Records for this exercise →
########
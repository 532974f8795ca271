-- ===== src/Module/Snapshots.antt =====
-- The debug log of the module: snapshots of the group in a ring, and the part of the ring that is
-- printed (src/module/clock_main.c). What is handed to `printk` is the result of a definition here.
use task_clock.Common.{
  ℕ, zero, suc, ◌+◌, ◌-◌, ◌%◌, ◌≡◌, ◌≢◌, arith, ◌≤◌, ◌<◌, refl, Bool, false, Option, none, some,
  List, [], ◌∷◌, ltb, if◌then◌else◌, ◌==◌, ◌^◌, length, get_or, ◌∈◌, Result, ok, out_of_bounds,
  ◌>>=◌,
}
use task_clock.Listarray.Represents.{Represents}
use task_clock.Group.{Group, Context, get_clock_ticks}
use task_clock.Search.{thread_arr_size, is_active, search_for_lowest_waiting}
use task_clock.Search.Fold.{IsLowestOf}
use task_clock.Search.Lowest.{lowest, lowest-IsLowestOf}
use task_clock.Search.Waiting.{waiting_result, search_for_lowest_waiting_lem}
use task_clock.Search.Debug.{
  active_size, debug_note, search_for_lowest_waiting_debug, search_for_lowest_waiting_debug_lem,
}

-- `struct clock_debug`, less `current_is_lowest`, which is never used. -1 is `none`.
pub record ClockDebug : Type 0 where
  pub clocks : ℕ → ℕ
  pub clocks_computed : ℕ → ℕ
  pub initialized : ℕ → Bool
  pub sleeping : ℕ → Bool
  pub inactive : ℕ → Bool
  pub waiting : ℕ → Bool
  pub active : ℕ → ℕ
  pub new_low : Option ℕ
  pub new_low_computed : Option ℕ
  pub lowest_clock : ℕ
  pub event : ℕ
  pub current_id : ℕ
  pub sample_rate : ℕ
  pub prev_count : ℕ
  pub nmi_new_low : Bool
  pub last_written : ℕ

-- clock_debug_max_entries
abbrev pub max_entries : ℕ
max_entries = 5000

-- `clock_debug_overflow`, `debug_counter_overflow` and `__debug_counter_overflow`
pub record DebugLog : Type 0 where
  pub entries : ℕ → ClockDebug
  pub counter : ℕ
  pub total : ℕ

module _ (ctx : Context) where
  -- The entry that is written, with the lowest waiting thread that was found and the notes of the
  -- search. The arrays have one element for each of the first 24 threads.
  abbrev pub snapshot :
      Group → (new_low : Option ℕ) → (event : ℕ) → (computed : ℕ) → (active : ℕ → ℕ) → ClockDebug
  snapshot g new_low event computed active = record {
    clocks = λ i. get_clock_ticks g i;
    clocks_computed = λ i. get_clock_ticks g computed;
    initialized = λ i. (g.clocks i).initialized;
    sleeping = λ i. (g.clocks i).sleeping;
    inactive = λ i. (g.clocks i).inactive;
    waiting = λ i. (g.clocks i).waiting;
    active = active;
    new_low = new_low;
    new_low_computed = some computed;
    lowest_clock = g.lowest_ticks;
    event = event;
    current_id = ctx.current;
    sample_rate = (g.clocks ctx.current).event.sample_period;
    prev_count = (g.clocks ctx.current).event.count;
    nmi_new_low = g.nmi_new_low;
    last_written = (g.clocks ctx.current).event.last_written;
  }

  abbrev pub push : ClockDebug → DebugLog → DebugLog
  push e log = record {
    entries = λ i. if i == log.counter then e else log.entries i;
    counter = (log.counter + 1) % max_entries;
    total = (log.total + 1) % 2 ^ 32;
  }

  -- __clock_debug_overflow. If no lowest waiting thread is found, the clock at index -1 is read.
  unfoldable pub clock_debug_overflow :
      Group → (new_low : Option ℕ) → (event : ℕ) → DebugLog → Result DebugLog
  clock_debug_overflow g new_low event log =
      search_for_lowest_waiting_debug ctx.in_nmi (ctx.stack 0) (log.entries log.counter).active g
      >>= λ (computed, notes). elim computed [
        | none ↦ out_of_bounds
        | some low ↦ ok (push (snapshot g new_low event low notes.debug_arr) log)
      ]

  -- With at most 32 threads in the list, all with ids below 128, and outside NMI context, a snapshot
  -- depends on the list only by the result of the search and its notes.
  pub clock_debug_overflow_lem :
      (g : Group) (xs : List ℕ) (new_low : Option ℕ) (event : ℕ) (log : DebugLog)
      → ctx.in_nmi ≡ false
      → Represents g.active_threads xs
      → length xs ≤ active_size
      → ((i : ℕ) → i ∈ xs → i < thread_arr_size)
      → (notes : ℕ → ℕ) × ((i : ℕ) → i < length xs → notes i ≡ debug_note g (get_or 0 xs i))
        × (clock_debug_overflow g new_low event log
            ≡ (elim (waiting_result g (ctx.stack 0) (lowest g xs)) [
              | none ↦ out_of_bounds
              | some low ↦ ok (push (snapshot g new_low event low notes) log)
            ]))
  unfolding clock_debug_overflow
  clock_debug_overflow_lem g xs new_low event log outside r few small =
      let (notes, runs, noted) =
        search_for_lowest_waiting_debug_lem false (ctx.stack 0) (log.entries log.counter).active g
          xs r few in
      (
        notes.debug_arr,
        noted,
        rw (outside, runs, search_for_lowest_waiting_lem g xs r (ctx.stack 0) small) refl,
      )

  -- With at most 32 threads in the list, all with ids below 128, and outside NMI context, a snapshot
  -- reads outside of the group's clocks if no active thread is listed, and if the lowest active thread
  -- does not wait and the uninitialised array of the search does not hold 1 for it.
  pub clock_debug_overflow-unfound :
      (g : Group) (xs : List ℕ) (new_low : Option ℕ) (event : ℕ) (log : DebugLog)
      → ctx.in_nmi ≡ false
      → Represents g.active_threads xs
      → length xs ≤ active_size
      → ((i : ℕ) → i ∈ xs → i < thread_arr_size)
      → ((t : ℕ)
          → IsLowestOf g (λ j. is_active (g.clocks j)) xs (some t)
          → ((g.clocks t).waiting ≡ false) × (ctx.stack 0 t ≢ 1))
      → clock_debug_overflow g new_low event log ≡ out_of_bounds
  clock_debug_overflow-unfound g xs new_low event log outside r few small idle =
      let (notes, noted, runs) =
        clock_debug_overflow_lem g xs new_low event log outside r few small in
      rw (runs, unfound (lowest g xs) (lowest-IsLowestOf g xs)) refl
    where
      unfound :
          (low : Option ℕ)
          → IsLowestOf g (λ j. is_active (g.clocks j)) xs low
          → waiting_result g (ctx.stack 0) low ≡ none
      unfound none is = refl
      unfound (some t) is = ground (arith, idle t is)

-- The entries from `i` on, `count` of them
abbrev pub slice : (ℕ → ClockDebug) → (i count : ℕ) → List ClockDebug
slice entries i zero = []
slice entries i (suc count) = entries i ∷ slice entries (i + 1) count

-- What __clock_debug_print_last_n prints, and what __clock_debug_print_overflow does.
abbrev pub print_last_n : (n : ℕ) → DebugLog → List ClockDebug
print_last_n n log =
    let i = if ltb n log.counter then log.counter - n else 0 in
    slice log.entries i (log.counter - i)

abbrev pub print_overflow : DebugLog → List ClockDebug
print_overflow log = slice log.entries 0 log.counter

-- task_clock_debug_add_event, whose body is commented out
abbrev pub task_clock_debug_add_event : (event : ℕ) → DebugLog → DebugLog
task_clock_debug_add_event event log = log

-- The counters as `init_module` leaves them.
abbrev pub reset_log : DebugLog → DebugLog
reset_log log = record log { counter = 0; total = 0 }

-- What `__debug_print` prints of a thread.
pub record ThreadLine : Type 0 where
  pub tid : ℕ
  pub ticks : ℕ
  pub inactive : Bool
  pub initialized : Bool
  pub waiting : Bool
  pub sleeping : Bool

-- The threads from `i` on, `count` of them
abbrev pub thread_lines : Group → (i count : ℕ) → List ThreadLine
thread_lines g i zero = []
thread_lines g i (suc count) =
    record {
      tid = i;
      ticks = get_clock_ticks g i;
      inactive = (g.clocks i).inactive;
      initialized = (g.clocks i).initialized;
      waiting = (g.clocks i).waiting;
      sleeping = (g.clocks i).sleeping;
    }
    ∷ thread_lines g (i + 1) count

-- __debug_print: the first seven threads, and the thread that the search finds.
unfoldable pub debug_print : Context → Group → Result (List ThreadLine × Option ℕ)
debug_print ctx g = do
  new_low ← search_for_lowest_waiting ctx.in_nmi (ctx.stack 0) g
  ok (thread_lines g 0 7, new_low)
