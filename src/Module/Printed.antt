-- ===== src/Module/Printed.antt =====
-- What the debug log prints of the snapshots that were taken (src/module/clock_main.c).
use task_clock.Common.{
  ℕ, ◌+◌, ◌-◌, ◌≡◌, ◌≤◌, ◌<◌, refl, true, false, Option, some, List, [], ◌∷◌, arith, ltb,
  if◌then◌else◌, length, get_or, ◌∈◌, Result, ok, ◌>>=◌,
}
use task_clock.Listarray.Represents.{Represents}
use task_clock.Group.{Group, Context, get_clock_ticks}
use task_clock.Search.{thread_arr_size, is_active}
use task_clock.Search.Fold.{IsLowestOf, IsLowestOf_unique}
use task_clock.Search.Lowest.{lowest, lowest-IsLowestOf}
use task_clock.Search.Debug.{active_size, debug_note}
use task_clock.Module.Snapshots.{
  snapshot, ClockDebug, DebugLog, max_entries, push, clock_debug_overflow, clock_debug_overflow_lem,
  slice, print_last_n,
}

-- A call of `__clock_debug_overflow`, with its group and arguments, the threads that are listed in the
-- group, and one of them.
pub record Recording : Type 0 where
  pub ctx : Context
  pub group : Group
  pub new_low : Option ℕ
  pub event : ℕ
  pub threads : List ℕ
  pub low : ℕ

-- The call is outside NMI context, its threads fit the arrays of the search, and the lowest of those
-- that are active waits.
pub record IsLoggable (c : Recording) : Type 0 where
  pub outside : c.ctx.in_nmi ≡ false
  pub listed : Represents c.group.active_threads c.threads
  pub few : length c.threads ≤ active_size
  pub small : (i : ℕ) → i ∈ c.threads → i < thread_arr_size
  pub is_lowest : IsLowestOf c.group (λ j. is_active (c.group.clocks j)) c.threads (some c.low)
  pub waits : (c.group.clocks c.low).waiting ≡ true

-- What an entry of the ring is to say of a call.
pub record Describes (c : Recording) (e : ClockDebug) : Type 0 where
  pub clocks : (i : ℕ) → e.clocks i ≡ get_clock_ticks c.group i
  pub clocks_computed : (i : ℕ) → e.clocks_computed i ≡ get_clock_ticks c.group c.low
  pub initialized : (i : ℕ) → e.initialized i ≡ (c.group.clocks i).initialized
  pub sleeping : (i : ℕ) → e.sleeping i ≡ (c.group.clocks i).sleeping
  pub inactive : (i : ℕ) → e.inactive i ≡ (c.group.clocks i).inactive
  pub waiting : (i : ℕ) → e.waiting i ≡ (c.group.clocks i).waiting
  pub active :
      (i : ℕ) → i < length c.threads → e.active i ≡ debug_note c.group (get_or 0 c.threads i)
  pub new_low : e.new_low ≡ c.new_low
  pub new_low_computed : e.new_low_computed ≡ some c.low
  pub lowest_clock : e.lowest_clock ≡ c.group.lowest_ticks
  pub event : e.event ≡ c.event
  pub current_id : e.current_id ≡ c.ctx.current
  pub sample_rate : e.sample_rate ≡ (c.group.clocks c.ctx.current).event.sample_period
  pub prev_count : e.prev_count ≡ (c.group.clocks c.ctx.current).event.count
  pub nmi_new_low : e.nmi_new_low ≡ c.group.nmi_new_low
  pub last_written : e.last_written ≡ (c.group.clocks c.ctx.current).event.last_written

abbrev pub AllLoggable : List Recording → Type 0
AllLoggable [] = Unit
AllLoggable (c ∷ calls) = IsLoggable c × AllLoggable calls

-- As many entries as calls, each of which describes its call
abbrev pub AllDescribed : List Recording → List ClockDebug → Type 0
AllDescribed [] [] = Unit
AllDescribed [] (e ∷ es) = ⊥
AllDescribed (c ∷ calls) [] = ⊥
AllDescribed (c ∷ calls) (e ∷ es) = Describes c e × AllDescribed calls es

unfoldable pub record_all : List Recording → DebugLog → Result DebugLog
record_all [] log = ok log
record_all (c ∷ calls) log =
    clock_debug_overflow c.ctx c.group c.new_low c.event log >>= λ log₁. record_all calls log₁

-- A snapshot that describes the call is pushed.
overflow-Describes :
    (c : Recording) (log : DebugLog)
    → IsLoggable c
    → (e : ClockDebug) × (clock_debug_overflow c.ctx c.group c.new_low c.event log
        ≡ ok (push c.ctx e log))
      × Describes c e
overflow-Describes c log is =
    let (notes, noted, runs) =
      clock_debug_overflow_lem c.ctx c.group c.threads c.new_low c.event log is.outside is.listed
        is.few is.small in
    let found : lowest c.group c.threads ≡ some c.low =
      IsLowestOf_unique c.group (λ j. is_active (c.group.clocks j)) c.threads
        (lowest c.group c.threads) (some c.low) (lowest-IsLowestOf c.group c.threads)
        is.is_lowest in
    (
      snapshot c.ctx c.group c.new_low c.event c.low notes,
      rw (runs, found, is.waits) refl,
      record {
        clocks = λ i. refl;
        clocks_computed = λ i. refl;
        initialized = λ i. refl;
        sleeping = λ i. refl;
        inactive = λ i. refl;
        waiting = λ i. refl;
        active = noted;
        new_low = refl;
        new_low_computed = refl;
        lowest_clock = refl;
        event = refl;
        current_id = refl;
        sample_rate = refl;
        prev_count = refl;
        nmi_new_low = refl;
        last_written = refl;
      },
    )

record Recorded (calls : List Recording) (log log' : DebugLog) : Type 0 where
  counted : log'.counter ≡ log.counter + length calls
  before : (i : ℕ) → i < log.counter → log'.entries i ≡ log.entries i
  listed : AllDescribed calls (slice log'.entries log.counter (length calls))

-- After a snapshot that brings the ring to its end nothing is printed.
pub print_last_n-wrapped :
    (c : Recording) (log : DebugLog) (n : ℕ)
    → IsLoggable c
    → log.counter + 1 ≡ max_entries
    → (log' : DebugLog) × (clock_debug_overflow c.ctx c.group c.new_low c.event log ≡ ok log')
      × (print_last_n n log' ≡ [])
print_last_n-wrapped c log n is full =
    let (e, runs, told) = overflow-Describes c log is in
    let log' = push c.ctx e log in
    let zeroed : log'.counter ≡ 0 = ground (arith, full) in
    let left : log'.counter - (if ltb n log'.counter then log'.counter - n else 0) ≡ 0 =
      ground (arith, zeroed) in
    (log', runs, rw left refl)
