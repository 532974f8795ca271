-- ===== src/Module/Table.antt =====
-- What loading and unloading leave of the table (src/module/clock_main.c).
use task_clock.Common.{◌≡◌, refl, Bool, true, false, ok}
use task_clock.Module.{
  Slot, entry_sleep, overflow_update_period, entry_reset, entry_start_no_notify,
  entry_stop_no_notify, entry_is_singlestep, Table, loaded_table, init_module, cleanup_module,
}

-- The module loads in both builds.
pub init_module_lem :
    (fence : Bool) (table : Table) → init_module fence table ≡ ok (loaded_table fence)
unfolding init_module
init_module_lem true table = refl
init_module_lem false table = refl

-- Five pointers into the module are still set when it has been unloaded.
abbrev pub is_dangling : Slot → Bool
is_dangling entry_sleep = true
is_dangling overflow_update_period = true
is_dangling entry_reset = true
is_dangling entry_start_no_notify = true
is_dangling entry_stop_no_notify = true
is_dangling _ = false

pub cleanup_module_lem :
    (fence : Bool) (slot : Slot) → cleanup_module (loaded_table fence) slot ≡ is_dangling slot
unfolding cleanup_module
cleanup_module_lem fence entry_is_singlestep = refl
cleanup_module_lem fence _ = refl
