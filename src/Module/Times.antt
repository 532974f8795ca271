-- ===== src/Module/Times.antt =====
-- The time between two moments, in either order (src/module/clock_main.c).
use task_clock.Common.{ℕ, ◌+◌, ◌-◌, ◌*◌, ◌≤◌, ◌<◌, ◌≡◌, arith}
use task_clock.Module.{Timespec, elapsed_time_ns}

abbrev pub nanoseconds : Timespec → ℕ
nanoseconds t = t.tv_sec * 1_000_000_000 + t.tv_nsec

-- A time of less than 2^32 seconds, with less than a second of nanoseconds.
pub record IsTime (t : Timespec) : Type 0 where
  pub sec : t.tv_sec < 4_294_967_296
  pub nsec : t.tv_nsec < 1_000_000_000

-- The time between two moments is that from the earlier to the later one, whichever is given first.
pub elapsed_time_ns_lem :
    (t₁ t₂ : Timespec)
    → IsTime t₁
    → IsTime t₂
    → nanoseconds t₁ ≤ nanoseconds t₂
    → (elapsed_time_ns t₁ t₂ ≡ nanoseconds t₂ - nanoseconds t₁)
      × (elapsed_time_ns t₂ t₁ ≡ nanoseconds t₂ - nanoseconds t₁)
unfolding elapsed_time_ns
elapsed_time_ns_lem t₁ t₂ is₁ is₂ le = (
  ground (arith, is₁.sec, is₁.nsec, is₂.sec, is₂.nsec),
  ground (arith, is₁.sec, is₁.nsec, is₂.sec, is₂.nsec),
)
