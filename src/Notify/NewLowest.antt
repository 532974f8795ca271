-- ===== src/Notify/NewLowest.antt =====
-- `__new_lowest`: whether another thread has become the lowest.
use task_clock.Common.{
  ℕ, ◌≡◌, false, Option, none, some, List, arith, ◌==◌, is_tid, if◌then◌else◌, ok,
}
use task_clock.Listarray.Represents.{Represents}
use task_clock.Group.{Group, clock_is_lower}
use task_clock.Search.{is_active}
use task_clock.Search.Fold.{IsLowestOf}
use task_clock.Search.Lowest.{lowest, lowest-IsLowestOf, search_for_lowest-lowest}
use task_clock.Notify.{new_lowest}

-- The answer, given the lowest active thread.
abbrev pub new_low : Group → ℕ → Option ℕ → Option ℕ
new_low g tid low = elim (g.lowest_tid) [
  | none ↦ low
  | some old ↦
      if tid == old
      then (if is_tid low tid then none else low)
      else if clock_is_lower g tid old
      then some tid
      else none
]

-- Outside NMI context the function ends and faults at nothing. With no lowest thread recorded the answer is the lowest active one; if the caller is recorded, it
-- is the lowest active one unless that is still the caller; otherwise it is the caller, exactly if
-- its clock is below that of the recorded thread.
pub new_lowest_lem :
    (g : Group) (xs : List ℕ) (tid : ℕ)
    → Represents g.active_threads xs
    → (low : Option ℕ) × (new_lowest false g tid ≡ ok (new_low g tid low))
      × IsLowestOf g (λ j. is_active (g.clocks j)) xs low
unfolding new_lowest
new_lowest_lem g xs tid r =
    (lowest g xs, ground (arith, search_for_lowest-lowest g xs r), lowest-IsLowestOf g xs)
########
What you need to do →
What is needed is a verbatim copy of every line in the records above from the one containing "pub current_id : ℕ" down to the one containing "inactive = λ i. (g.clocks i).inactive;", both included, and nothing more.

Task response →
  pub current_id : ℕ
  pub sample_rate : ℕ
  pub prev_count : ℕ
  pub nmi_new_low : Bool
  pub last_written : ℕ

-- clock_debug_max_entries
abbrev pub max_entries : ℕ
max_entries = 5000

-- `clock_debug_overflow`, `debug_counter_overflow` and `__debug_counter_overflow`
pub record DebugLog : Type 0 where
  pub entries : ℕ → ClockDebug
  pub counter : ℕ
  pub total : ℕ

module _ (ctx : Context) where
  -- The entry that is written, with the lowest waiting thread that was found and the notes of the
  -- search. The arrays have one element for each of the first 24 threads.
  abbrev pub snapshot :
      Group → (new_low : Option ℕ) → (event : ℕ) → (computed : ℕ) → (active : ℕ → ℕ) → ClockDebug
  snapshot g new_low event computed active = record {
    clocks = λ i. get_clock_ticks g i;
    clocks_computed = λ i. get_clock_ticks g computed;
    initialized = λ i. (g.clocks i).initialized;
    sleeping = λ i. (g.clocks i).sleeping;
    inactive = λ i. (g.clocks i).inactive;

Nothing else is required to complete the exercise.